# Hi - Potential new TTRS Owner .....



## Tiny01 (Oct 13, 2019)

Hi All

Essex based potential TTRS owner signing in

The wife and i had a test drive last weekend of the face lift TTRS , we was blown away and both agreed that's going to be our new car .

Currently we are in a 2014 A3 Cabriolet that we have been offered £10k for against the RS

I'm thinking of holding off until the new year say March time when hopefully we can try & sell the A3 for a little more & in these 6 months we can save a little more to put towards it .

We have decided we want one in Turbo Blue , Coupe model min 19 plate , the used pre registered prices seem to vary so much though , seen one for circa 50K but the same car for near on 60K both with only like 50-100 miles on ?

Hoping that come early next year they will be a bit cheaper ?
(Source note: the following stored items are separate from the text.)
-- ===== src/Http/Server/Limits.antt =====
-- What `parse_url` leaves in the variables of the server.
use vtfs.Base.{
  ℕ, zero, suc, ◌-◌, ◌≤◌, ◌<◌, Option, none, some, [], ◌∷◌, ◌==◌, leb, arith, if◌then◌else◌,
  Bool-cases, inl, inr,
}
use vtfs.Base.Int.{ℤ, pos, negsuc, neg}
use vtfs.Base.Lists.{length, take, length-take}
use vtfs.Base.Strings.{Bytes}
use vtfs.Http.Text.{strchr, kstrto, natural, at_most}
use vtfs.Http.Server.{
  Server, initial, host_start, host_size, before, smaller, port_of, parse_url, vtfs_http_init,
  vtfs_http_set_server, vtfs_http_cleanup,
}

-- An `int`.
abbrev pub IsInt : ℤ → Type 0
IsInt (pos n) = n < 2147483648
IsInt (negsuc n) = n < 2147483648

-- The host has its NUL in `server_host`, the port is an `int`.
pub record IsServer (server : Server) : Type 0 where
  pub host : length server.host ≤ 255
  pub port : IsInt server.port

abbrev IsSmall : Option ℤ → Type 0
IsSmall none = Unit
IsSmall (some n) = IsInt n

positive-IsSmall : (o : Option ℕ) → IsSmall (at_most 2147483647 pos o)
positive-IsSmall none = tt
positive-IsSmall (some n) = elim (Bool-cases (leb n 2147483647)) [
  | inl small ↦ rw small (ground arith)
  | inr large ↦ rw large tt
]

neg_small : (n : ℕ) → n ≤ 2147483648 → IsInt (neg n)
neg_small zero le = omega arith
neg_small (suc n) le = omega arith

negative-IsSmall : (o : Option ℕ) → IsSmall (at_most 2147483648 neg o)
negative-IsSmall none = tt
negative-IsSmall (some n) = elim (Bool-cases (leb n 2147483648)) [
  | inl small ↦ rw small (neg_small n (ground arith))
  | inr large ↦ rw large tt
]

kstrto-IsSmall : (s : Bytes) → IsSmall (kstrto 0x7FFFFFFF s)
unfolding kstrto
kstrto-IsSmall [] = tt
kstrto-IsSmall (c ∷ s) = elim (Bool-cases (c == b'-')) [
  | inl minus ↦ rw minus (negative-IsSmall (natural s))
  | inr other ↦ rw other (positive-IsSmall (natural (if c == b'+' then s else c ∷ s)))
]

parsed-IsInt : (o : Option ℤ) → IsSmall o → IsInt (elim o [ none ↦ pos 8080 | some n ↦ n ])
parsed-IsInt none h = omega arith
parsed-IsInt (some n) h = h

port_of-IsInt : (o : Option Bytes) → IsInt (port_of o)
port_of-IsInt none = omega arith
port_of-IsInt (some []) = omega arith
port_of-IsInt (some (colon ∷ s)) = parsed-IsInt (kstrto 0x7FFFFFFF s) (kstrto-IsSmall s)

cut-length :
    (n : ℕ) (s : Bytes) → length (take (if leb host_size n then host_size - 1 else n) s) ≤ 255
cut-length n s = elim (Bool-cases (leb host_size n)) [
  | inl long ↦ rw long (omega (arith, length-take {0} 255 s))
  | inr short ↦ rw short (ground (arith, length-take {0} n s))
]

parse_url-IsServer : (url : Bytes) (server : Server) → IsServer (parse_url (some url) server).1
unfolding parse_url
parse_url-IsServer url server =
    let s = host_start url in
    let colon = strchr s b':' in
    let host_len = before s colon (length s) in
    record {
      host = cut-length (smaller (before s (strchr s b'/') host_len) host_len) s;
      port = port_of-IsInt colon;
    }

-- The operations that change the variables of the server.
pub data Step : Server → Server → Type 0 where
  set : {server : Server} (url : Option Bytes) → Step server (vtfs_http_set_server url server)
  start : {server : Server} (url : Option Bytes) → Step server (vtfs_http_init url server).1
  stop : {server : Server} → Step server (vtfs_http_cleanup server)

-- What these variables are in some order of these operations, from the module's load on.
pub data Reached : Server → Type 0 where
  loaded : Reached initial
  after : {server next : Server} → Reached server → Step server next → Reached next

set-IsServer :
    (url : Option Bytes) (server : Server)
    → IsServer server
    → IsServer (vtfs_http_set_server url server)
unfolding vtfs_http_set_server
set-IsServer none server h = h
set-IsServer (some url) server h = parse_url-IsServer url server

start-IsServer :
    (url : Option Bytes) (server : Server)
    → IsServer server
    → IsServer (vtfs_http_init url server).1
unfolding vtfs_http_init
start-IsServer none server h = record { host = h.host; port = h.port }
start-IsServer (some url) server h =
    let p = parse_url-IsServer url server in record { host = p.host; port = p.port }

step-IsServer : {server next : Server} → IsServer server → Step server next → IsServer next
step-IsServer {server} h (set url) = set-IsServer url server h
step-IsServer {server} h (start url) = start-IsServer url server h
step-IsServer h stop = record { host = h.host; port = h.port }

-- Whatever URLs the server has been set to, one after the other, and whether the client was
-- started or stopped: the host is at most 255 bytes long, so it has its NUL in its variable, and the
-- port is an `int`.
pub Reached-IsServer : {server : Server} → Reached server → IsServer server
Reached-IsServer loaded = record { host = omega arith; port = omega arith }
Reached-IsServer (after r s) = step-IsServer (Reached-IsServer r) s
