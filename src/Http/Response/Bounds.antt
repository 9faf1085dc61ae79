-- ===== src/Http/Response/Bounds.antt =====
-- What `parse_http_response` writes, and the end of its loop over the chunks.
use vtfs.Base.{
  ℕ, zero, suc, ◌+◌, ◌^◌, ◌≤◌, ◌<◌, ◌≡◌, ◌≢◌, refl, ◌⊎◌, inl, inr, true, false, not, Option, none,
  some, [], ◌++◌, ◌==◌, leb, arith, if◌then◌else◌, Bool-cases,
}
use vtfs.Base.Lists.{length, take, drop, length-append, length-take}
use vtfs.Base.Strings.{Bytes, codes}
use vtfs.Http.Text.{strstr, strchr, c_string, simple_strtoul}
use vtfs.Http.Response.{
  on_buffer, Chunked, done, overrun, last, chunk_length, copies, skip_newlines, decode_chunks,
  chunks, Parsed, status_of, plain, of_chunks, of_encoding, of_body, of_status, of_version,
  body_start, chunked_header, parse_http_response,
}

-- The loop ended by its test or by a chunk of size 0, within the body; or it left a buffer.
abbrev Ended : ℕ → Chunked → Type 0
Ended body_size r = (r ≡ overrun) ⊎ ((out : Bytes) × (r ≡ done out) × (length out < body_size))

module _ (body_size : ℕ) (some_room : 0 < body_size) (fits : body_size < 2 ^ 64) where
  -- A chunk that is copied makes the body longer, and not too long.
  grows :
      (total chunk_size : ℕ) (from : Bytes)
      → leb (last body_size) total ≡ false
      → (chunk_size == 0) ≡ false
      → copies body_size total (chunk_length body_size total chunk_size) from ≡ true
      → (1 ≤ chunk_length body_size total chunk_size)
        × (total + chunk_length body_size total chunk_size < body_size)
        × (chunk_length body_size total chunk_size ≤ length from)
  grows total chunk_size from room some_chunk inside = (ground arith, ground arith, ground arith)

  step_done :
      (total n : ℕ) (out from : Bytes)
      → n ≤ length from
      → total ≡ length out
      → length (out ++ take n from) ≡ total + n
  step_done total n out from le e =
      omega (arith, length-append {0} out (take n from), length-take {0} n from)

  -- The chunk is copied and the loop goes on behind it.
  after_copy :
      (o : Option Bytes) (k : Bytes → Chunked)
      → ((next : Bytes) → Ended body_size (k next))
      → Ended body_size (on_buffer o k)
  after_copy none k h = inl refl
  after_copy (some next) k h = h next

  after_size :
      (fuel chunk_size : ℕ) (out : Bytes) (o : Option Bytes)
      → leb (last body_size) (length out) ≡ false
      → (chunk_size == 0) ≡ false
      → ((next out' : Bytes)
          → length out < length out'
          → length out' < body_size
          → Ended body_size (decode_chunks body_size fuel next out'))
      → Ended body_size (
          on_buffer o (λ from.
            if not
              (copies body_size (length out) (chunk_length body_size (length out) chunk_size) from)
            then overrun
            else on_buffer
                (skip_newlines (drop (chunk_length body_size (length out) chunk_size) from))
                (λ next.
                  decode_chunks body_size fuel next
                    (out ++ take (chunk_length body_size (length out) chunk_size) from))))
  after_size fuel chunk_size out none room more h = inl refl
  after_size fuel chunk_size out (some from) room more h =
      let n = chunk_length body_size (length out) chunk_size in
      elim (Bool-cases (copies body_size (length out) n from)) [
        | inr outside ↦ rw outside (inl refl)
        | inl inside ↦
            let (one, below, le) = grows (length out) chunk_size from room more inside in
            let longer = step_done (length out) n out from le refl in
            rw inside (
              after_copy (skip_newlines (drop n from)) _ (λ next.
                h next (out ++ take n from) (omega (arith, longer)) (omega (arith, longer))))
      ]

  -- The fuel suffices: each round makes the body longer.
  pub decode_chunks-Ended :
      (fuel : ℕ) (chunk_ptr out : Bytes)
      → length out < body_size
      → body_size < length out + fuel
      → Ended body_size (decode_chunks body_size fuel chunk_ptr out)
  unfolding decode_chunks
  decode_chunks-Ended zero chunk_ptr out inside enough = absurd (omega arith)
  decode_chunks-Ended (suc fuel) chunk_ptr out inside enough =
      elim (Bool-cases (leb (last body_size) (length out))) [
        | inl full ↦ inr (out, rw full, inside)
        | inr room ↦ elim (Bool-cases ((simple_strtoul chunk_ptr 16).0 == 0)) [
          | inl end ↦ inr (out, rw room (rw end), inside)
          | inr more ↦ rw room (
              rw more (
                after_size fuel (simple_strtoul chunk_ptr 16).0 out
                  (skip_newlines (simple_strtoul chunk_ptr 16).1) room more
                  (λ next out' longer below.
                    decode_chunks-Ended fuel next out' below (omega arith))))
        ]
      ]

  -- What a parsed response says: a status code, and a body that has its NUL in the buffer, unless
  -- the body has not been written to.
  pub record InBounds (r : Parsed) : Type 0 where
    pub low : 100 ≤ r.status
    pub high : r.status ≤ 599
    pub body :
        ((r.body ≡ none) × (r.status ≡ 500) × (r.ret ≡ 0))
        ⊎ ((b : Bytes) × (r.body ≡ some b) × (r.ret ≡ length b) × (length b < body_size))

  -- A result that is within bounds; none only where a reason for an overrun is given.
  abbrev Result : Type 0 → Option Parsed → Type 0
  Result Reason r = ((r ≡ none) × Reason) ⊎ ((p : Parsed) × (r ≡ some p) × InBounds p)

  plain-length : (from : Bytes) → length (plain body_size from) < body_size
  plain-length from = elim (Bool-cases (leb body_size (length (c_string from)))) [
    | inl long ↦ rw long (ground (arith, length-take (last body_size) (c_string from)))
    | inr short ↦ rw short (ground arith)
  ]

  with_body :
      (status : ℕ) (b : Bytes)
      → (100 ≤ status) × (status ≤ 599)
      → length b < body_size
      → InBounds (record { ret = length b; status = status; body = some b })
  with_body status b (lo, hi) lt = record { low = lo; high = hi; body = inr (b, refl, refl, lt) }

  chunks-Result :
      (Reason : Type 0) (status : ℕ) (r : Chunked)
      → (r ≡ overrun → Reason)
      → (100 ≤ status) × (status ≤ 599)
      → Ended body_size r
      → Result Reason (of_chunks status r)
  chunks-Result Reason status r why s (inl over) = rw over (inl (refl, why over))
  chunks-Result Reason status r why s (inr (out, e, lt)) =
      rw e (inr (_, refl, with_body status out s lt))

  -- The header of a chunked body is there, and the loop over the chunks, which has fuel left, leaves
  -- one of the two buffers.
  abbrev pub Overruns : Bytes → Type 0
  Overruns response =
      (strstr response chunked_header ≢ none)
      × ((from : Bytes) × (body_start response ≡ some from) × (chunks body_size from ≡ overrun))

  encoding-Result :
      (response : Bytes) (status : ℕ) (from : Bytes) (o : Option Bytes)
      → body_start response ≡ some from
      → strstr response chunked_header ≡ o
      → (100 ≤ status) × (status ≤ 599)
      → Result (Overruns response) (of_encoding body_size status from o)
  encoding-Result response status from none start e s =
      inr (_, refl, with_body status (plain body_size from) s (plain-length from))
  encoding-Result response status from (some header) start e s =
      chunks-Result (Overruns response) status (chunks body_size from)
        (λ over. ((λ n. cc (e, n)), (from, start, over))) s
        (decode_chunks-Ended (suc body_size) from [] some_room (omega arith))

  body-Result :
      (response : Bytes) (status : ℕ) (o : Option Bytes)
      → body_start response ≡ o
      → (100 ≤ status) × (status ≤ 599)
      → Result (Overruns response) (of_body body_size status response o)
  body-Result response status none start s = inr (_, refl, with_body status [] s some_room)
  body-Result response status (some from) start s =
      encoding-Result response status from (strstr response chunked_header) start refl s

  no_status-InBounds : InBounds (record { ret = 0; status = 500; body = none })
  no_status-InBounds = record {
    low = omega arith;
    high = omega arith;
    body = inl (refl, refl, refl);
  }

  status_bounds : (n : ℕ) → (100 ≤ status_of n) × (status_of n ≤ 599)
  status_bounds n = (ground arith, ground arith)

  status-Result :
      (response : Bytes) (o : Option Bytes)
      → Result (Overruns response) (of_status body_size response o)
  status-Result response none = inr (_, refl, no_status-InBounds)
  status-Result response (some space) =
      let n = (simple_strtoul (drop 1 space) 10).0 in
      body-Result response (status_of n) (body_start response) refl (status_bounds n)

  version-Result :
      (response : Bytes) (o : Option Bytes)
      → Result (Overruns response) (of_version body_size response o)
  version-Result response none = inr (_, refl, no_status-InBounds)
  version-Result response (some version) = status-Result response (strchr version b' ')

  -- For a body of at least one byte, `parse_http_response` ends on any response, and its loop never
  -- runs out of fuel: it gives a status code from 100 to 599, and a body that is as long as the
  -- result says and has its NUL inside the buffer, or with status 500 and result 0 one that it has
  -- not written to; or the response has the header of a chunked body, and the loop over its chunks
  -- leaves a buffer.
  pub parse_http_response_bounds :
      (response : Bytes)
      → ((parse_http_response response body_size ≡ none) × Overruns response)
        ⊎ ((p : Parsed) × (parse_http_response response body_size ≡ some p) × InBounds p)
  unfolding parse_http_response
  parse_http_response_bounds response = version-Result response (strstr response (codes "HTTP/1."))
Anyway welcome from me & look forward to any / info advice that you can offer us as potential new owners


----------



## Hoggy (May 8, 2002)

Hi, Welcome to the TTF.
Hoggy.


----------



## YELLOW_TT (Feb 25, 2004)

Welcome


----------



## lippyrich (Sep 14, 2019)

Potential TTRS ?
Dont delay buy today, well least I would if I could afford one. (Please dont buy on my say so though as my mechanical knowledge started with the BL A-Series and ended with the Kent OHV)
Welcome.


----------